Nicht nur als ganze Nuss kommt die Mandel zum Einsatz. Viele sind auf Mandelmilch umgestiegen als Ersatz für herkömmliche Milch. Selbst in der Inhaltsangabe vieler Ihrer Pflegeprodukte werden Sie Mandelmilch mit aufgelistet finden.

Was haben Mandeln mit Wasser zu tun?

Für die Produktion einer einzigen Mandel werden fast 4 Liter Wasser benötigt.

82 % der weltweit produzierten Mandeln kommen aus Kalifornien, ein Staat der in einer schweren Dürre steckt.

Privathaushalte in Kalifornien müssen Wasser sparen, so gibt es nun extra Unternehmen, die Rasenflächen grün ansprühen, um einen gepflegten Eindruck zu hinterlassen. Die Bewässerung des Rasens ist seit den strengen Wasserspar-Vorschriften des kalifornischen Gouverneur verpönt, das Abspritzen von Bürgersteigen und Einfahrten sowie das Befüllen von Springbrunnen ist untersagt und wird mit hohen Geldstrafen geahndet.
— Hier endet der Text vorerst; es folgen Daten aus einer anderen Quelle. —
-- ===== src/Usb/Device.antt =====
-- The classes Transfer, RTransfer, WTransfer and Device of src/usb_async.h and src/usb_async.cpp,
-- but for the callbacks and the thread.
use libhdcp.Base.{
  ℕ, Bool, true, false, not, Result, ok, err, List, [], ◌∷◌, ◌++◌, Option, some, none, ErrorCode,
  Exception, transport_error, write_queue_full, write_while_closed, libusb_error, bad_alloc,
  null_pointer, ◌==◌, if◌then◌else◌,
}
use libhdcp.Base.State.{M, pure, throw, modify, when, gets, ◌>>=◌, ◌>>◌}
use libhdcp.Interfaces.{Thread}
use libhdcp.Packet.Parse.{Packet}
use libhdcp.Queues.{PacketQueue}
use libhdcp.Usb.Libusb.{Libusb, Cancel, requested, not_found, refused}

-- WTransfer; `id` names its libusb_transfer, as the number of an RTransfer does.
pub record WTransfer : Type 0 where
  pub id : ℕ
  pub packet : Packet
  pub in_progress : Bool

-- Takes a number out of a list.
abbrev pub without : ℕ → List ℕ → List ℕ
without i [] = []
without i (j ∷ js) = if i == j then js else j ∷ without i js

module _ (H : Thread) (Q : PacketQueue) (L : Libusb) where
  -- A pointer is null if it is `none`. `in_flight` are the transfers that were submitted and have
  -- not ended; `deleted` records the transfers that `delete` was called on; `looping` tells whether
  -- the thread is in the loop of `run`.
  pub record Device : Type 0 where
    pub thread : H.Handle
    pub context : L.Context
    pub device_handle : Option L.Handle
    pub rtransfer_curr : Option ℕ
    pub rtransfer_prev : Option ℕ
    pub wtransfer : Option WTransfer
    pub opened : Bool
    pub itfc_nb : ℕ
    pub vendor_id : ℕ
    pub product_id : ℕ
    pub eptr : Option Exception
    pub errc : ErrorCode
    pub write_queue : Q.Queue
    pub read_queue : Q.Queue
    pub looping : Bool
    pub in_flight : List ℕ
    pub deleted : List ℕ

  -- `if (ret < 0) throw libusb_error(ret)`
  abbrev pub check : Option ℕ → M Device (Unit {0})
  check none = pure tt
  check (some n) = throw (libusb_error n)

  -- A call on the context.
  abbrev pub on_context : {A : Type 0} → (L.Context → A × L.Context) → M Device A
  on_context f s = (ok (f s.context).0, record s { context = (f s.context).1 })

  -- A pointer is followed.
  abbrev pub follow : {A : Type 0} → Option A → M Device A
  follow none = throw null_pointer
  follow (some a) = pure a

  -- `Transfer::submit`
  unfoldable pub submit : ℕ → M Device (Unit {0})
  submit i = do
    ret ← on_context (L.submit_transfer i)
    check ret
    modify (λ s. record s { in_flight = s.in_flight ++ (i ∷ []) })

  -- `WTransfer::submit`
  unfoldable pub submit_write : M Device (Unit {0})
  unfolding submit
  submit_write = do
    w ← gets (λ s. s.wtransfer) >>= follow
    submit w.id
    modify (λ s. record s { wtransfer = some (record w { in_progress = true }) })

  -- `Transfer::cancel`; its wait ends when the callback has told that the transfer is cancelled.
  unfoldable pub cancelled_by : ℕ → Cancel → M Device (Unit {0})
  cancelled_by i requested = modify (λ s. record s { in_flight = without i s.in_flight })
  cancelled_by i not_found = pure tt
  cancelled_by i (refused n) = throw (libusb_error n)

  unfoldable pub cancel : ℕ → M Device (Unit {0})
  unfolding cancelled_by
  cancel i = on_context (L.cancel_transfer i) >>= cancelled_by i

  -- The constructors of Transfer and RTransfer.
  unfoldable pub new_transfer : M Device ℕ
  new_transfer = on_context L.alloc_transfer >>= allocated
    where
      allocated : Option ℕ → M Device ℕ
      allocated none = throw bad_alloc
      allocated (some i) = pure i

  unfoldable pub new_rtransfer : L.Handle → M Device ℕ
  unfolding new_transfer
  new_rtransfer h = do
    i ← new_transfer
    memory ← on_context (L.dev_mem_alloc h)
    when (not memory) (throw bad_alloc)
    pure i

  unfoldable pub no_device : Option L.Handle → M Device L.Handle
  no_device none = throw (libusb_error L.error_no_device)
  no_device (some h) = pure h

  -- The part of `open` that asks libusb for the interface.
  unfoldable pub claim_device : L.Handle → M Device (Unit {0})
  claim_device h = do
    on_context (L.set_auto_detach h) >>= check
    itfc ← gets (λ s. s.itfc_nb)
    on_context (L.claim_interface h itfc) >>= check

  -- The part of `open` that makes the transfers. What `fill_transfer` stores is not kept.
  unfoldable pub make_transfers : L.Handle → M Device (Unit {0})
  unfolding new_transfer new_rtransfer
  make_transfers h = do
    w ← new_transfer
    modify (λ s. record s {
      wtransfer = some (record { id = w; packet = record { data_ = [] }; in_progress = false });
    })
    c ← new_rtransfer h
    modify (λ s. record s { rtransfer_curr = some c })
    p ← new_rtransfer h
    modify (λ s. record s { rtransfer_prev = some p; opened = true })

  -- `open`, where the transport is not open.
  unfoldable pub open_device : M Device (Unit {0})
  unfolding no_device claim_device make_transfers
  open_device = do
    vendor ← gets (λ s. s.vendor_id)
    product ← gets (λ s. s.product_id)
    found ← on_context (L.open_device vendor product)
    modify (λ s. record s { device_handle = found })
    h ← no_device found
    claim_device h
    make_transfers h

  unfoldable pub open_transport : M Device (Unit {0})
  unfolding open_device
  open_transport s = if s.opened then (ok tt, s) else open_device s

  -- The transfers that three `delete`s name.
  abbrev pub pointed : Device → List ℕ
  pointed s = write_id s.wtransfer ++ (id_of s.rtransfer_curr ++ id_of s.rtransfer_prev)
    where
      id_of : Option ℕ → List ℕ
      id_of none = []
      id_of (some i) = i ∷ []

      write_id : Option WTransfer → List ℕ
      write_id none = []
      write_id (some w) = w.id ∷ []

  -- `close`: an interface that cannot be released is reported once the device is closed.
  unfoldable pub close_device : M Device (Unit {0})
  close_device = do
    modify (λ s. record s {
      deleted = s.deleted ++ pointed s;
      wtransfer = none;
      rtransfer_curr = none;
      rtransfer_prev = none;
    })
    h ← gets (λ s. s.device_handle) >>= follow
    itfc ← gets (λ s. s.itfc_nb)
    ret ← on_context (L.release_interface h itfc)
    modify (λ s. record s {
      context = L.close_device h s.context;
      device_handle = none;
      opened = false;
    })
    check ret

  unfoldable pub close : M Device (Unit {0})
  unfolding close_device
  close s = if s.opened then close_device s else (ok tt, s)

  unfoldable pub enqueue_write : Packet → M Device (Unit {0})
  enqueue_write p s =
      let r = Q.try_enqueue p s.write_queue in
      if r.0
      then (ok tt, record s { write_queue = r.1 })
      else (err (transport_error write_queue_full), record s { write_queue = r.1 })

  -- The packet is put into the transfer, which is submitted.
  unfoldable pub send : Packet → WTransfer → M Device (Unit {0})
  unfolding submit_write
  send p w = do modify (λ s. record s { wtransfer = some (record w { packet = p }) }); submit_write

  unfoldable pub write : Packet → M Device (Unit {0})
  unfolding enqueue_write send
  write p s =
      if s.opened
      then (do
        w ← gets (λ s. s.wtransfer) >>= follow
        if w.in_progress then enqueue_write p else send p w)
          s
      else (err (transport_error write_while_closed), s)

  -- `if (transfer) transfer->cancel()`
  abbrev pub cancel_if : Option ℕ → M Device (Unit {0})
  cancel_if none = pure tt
  cancel_if (some i) = cancel i

  abbrev pub write_id : Option WTransfer → Option ℕ
  write_id none = none
  write_id (some w) = some w.id

  unfoldable pub cancel_transfers : M Device (Unit {0})
  unfolding cancel
  cancel_transfers = do
    gets (λ s. write_id s.wtransfer) >>= cancel_if
    gets (λ s. s.rtransfer_curr) >>= cancel_if
    gets (λ s. s.rtransfer_prev) >>= cancel_if

  -- `catch (libusb_error& e)`, which is logged.
  abbrev pub log_libusb : Result (Unit {0}) × Device → Result (Unit {0}) × Device
  log_libusb (err (libusb_error n), s) = (ok tt, s)
  log_libusb r = r

  unfoldable pub stop : M Device (Unit {0})
  unfolding cancel_transfers close
  stop s =
      if H.is_running s.thread
      then log_libusb
          ((do cancel_transfers; modify (λ s. record s { thread = H.stop s.thread }); close) s)
      else (ok tt, s)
So soll der Wasserverbrauch der Privathaushalte innerhalb 1 Jahres um 25 % gesenkt werden.

Doch ob diese Maßnahmen wirklich helfen und ob der Wasserverbrauch der Haushalte das größte Problem ist, bleibt fraglich.

80% des Wasserverbrauchs geht von der Landwirtschaft aus, die allerdings nur 2% der Wirtschaft Kaliforniens ausmacht.

Der Anbau von Produkten, die eine intensive Bewässerung benötigen, ist daher sehr in Kritik geraten und wurde breit in der Presse diskutiert. Trotzdem produzieren Kaliforniens Bauern so viele Mandeln wie nie zu vor. Sie sind nach Milchprodukten die zweitgrößte Landwirtschaftliche Einnahmequelle.

Die Amerikanischen Bürger verzehren heute doppelt so viele Mandeln wie noch vor 10 Jahren, doch 70% der in Kalifornien produzierten Mandeln werden exportiert und landen so auch in Deutschland. So schwappt das moralische Dilemma auch zu uns und man sollte sich überlegen, wie oft man sich den Genuss der kleinen Nuss gönnt.